Problem requirements: Give again, unchanged, the line that contains "h).fds_erase ≡ h.fds_erase)" together with every line that follows it until the entries end.

Record excerpts:

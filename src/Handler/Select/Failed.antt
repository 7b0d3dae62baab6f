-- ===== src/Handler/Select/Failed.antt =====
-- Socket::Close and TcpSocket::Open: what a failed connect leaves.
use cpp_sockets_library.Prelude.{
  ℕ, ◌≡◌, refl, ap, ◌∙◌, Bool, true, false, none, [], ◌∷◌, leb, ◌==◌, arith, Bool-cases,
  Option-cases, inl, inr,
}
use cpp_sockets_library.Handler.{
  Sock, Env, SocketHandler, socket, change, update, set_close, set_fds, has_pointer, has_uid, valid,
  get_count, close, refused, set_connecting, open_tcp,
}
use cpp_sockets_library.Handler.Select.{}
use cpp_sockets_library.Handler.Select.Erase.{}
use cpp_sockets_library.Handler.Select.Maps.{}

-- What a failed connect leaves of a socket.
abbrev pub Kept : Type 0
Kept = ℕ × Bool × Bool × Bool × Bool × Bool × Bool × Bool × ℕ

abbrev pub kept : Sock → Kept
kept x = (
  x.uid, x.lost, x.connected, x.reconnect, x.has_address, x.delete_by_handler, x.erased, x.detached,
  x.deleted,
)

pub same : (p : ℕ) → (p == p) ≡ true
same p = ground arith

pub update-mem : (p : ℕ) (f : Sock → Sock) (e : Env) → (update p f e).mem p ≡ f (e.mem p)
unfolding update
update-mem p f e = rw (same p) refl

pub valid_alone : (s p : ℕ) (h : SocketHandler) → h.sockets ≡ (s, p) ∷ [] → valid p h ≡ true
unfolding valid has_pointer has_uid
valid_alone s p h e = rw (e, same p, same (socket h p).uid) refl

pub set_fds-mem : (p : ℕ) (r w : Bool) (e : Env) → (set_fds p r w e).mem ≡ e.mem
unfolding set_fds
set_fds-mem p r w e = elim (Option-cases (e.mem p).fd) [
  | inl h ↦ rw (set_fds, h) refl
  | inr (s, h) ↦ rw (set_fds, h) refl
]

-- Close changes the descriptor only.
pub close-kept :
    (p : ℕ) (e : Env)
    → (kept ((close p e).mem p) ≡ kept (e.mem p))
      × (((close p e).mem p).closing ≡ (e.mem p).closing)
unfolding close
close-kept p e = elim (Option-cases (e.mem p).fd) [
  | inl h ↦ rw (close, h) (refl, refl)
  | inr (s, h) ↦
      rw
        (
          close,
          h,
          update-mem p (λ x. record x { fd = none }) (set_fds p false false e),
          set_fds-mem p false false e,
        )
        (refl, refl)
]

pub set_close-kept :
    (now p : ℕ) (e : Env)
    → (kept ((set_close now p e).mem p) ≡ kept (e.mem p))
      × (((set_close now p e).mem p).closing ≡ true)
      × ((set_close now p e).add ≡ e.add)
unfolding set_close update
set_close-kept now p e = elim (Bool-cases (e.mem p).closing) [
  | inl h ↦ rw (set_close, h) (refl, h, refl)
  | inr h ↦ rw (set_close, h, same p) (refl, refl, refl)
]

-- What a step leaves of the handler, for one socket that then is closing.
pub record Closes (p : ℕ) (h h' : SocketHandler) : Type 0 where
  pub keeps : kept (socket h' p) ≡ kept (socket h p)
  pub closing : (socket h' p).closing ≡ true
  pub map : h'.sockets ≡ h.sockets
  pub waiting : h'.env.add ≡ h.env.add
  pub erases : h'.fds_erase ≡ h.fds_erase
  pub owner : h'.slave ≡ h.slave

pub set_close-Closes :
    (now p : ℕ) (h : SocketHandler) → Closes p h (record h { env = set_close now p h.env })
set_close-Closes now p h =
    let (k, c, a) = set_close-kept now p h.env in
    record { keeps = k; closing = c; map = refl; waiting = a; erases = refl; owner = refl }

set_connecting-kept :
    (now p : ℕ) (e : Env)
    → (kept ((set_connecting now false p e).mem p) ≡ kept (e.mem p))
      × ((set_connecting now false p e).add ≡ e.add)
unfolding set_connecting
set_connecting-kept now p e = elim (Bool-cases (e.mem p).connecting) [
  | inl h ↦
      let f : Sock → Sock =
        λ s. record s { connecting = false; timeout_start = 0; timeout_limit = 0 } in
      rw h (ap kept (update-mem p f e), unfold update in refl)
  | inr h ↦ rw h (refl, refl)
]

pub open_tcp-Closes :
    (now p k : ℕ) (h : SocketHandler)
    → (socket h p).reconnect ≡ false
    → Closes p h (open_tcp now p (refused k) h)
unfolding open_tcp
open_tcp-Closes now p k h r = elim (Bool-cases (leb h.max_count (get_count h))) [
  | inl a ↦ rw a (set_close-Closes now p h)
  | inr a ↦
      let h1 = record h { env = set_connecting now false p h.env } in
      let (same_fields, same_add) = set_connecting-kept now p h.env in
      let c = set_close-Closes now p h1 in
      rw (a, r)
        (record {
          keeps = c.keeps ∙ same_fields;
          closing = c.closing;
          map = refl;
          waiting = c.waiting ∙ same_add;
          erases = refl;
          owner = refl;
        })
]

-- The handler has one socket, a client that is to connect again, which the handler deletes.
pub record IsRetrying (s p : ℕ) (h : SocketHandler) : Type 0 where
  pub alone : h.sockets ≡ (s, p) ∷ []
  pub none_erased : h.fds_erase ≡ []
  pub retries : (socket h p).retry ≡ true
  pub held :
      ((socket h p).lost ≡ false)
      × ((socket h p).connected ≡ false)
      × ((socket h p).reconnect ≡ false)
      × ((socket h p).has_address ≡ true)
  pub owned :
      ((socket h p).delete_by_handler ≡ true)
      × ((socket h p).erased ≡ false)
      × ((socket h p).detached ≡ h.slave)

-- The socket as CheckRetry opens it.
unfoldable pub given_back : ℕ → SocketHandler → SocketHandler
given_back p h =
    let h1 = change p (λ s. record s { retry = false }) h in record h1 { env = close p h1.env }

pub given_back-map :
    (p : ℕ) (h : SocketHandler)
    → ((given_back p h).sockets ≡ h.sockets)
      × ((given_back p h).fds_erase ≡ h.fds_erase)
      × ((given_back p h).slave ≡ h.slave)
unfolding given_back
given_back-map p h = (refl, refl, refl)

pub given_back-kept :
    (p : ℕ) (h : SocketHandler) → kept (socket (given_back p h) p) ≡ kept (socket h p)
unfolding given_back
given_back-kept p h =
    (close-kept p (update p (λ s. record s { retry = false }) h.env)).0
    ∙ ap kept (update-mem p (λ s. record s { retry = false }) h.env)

Response to the task:
      × ((given_back p h).fds_erase ≡ h.fds_erase)
      × ((given_back p h).slave ≡ h.slave)
unfolding given_back
given_back-map p h = (refl, refl, refl)

pub given_back-kept :
    (p : ℕ) (h : SocketHandler) → kept (socket (given_back p h) p) ≡ kept (socket h p)
unfolding given_back
given_back-kept p h =
    (close-kept p (update p (λ s. record s { retry = false }) h.env)).0
    ∙ ap kept (update-mem p (λ s. record s { retry = false }) h.env)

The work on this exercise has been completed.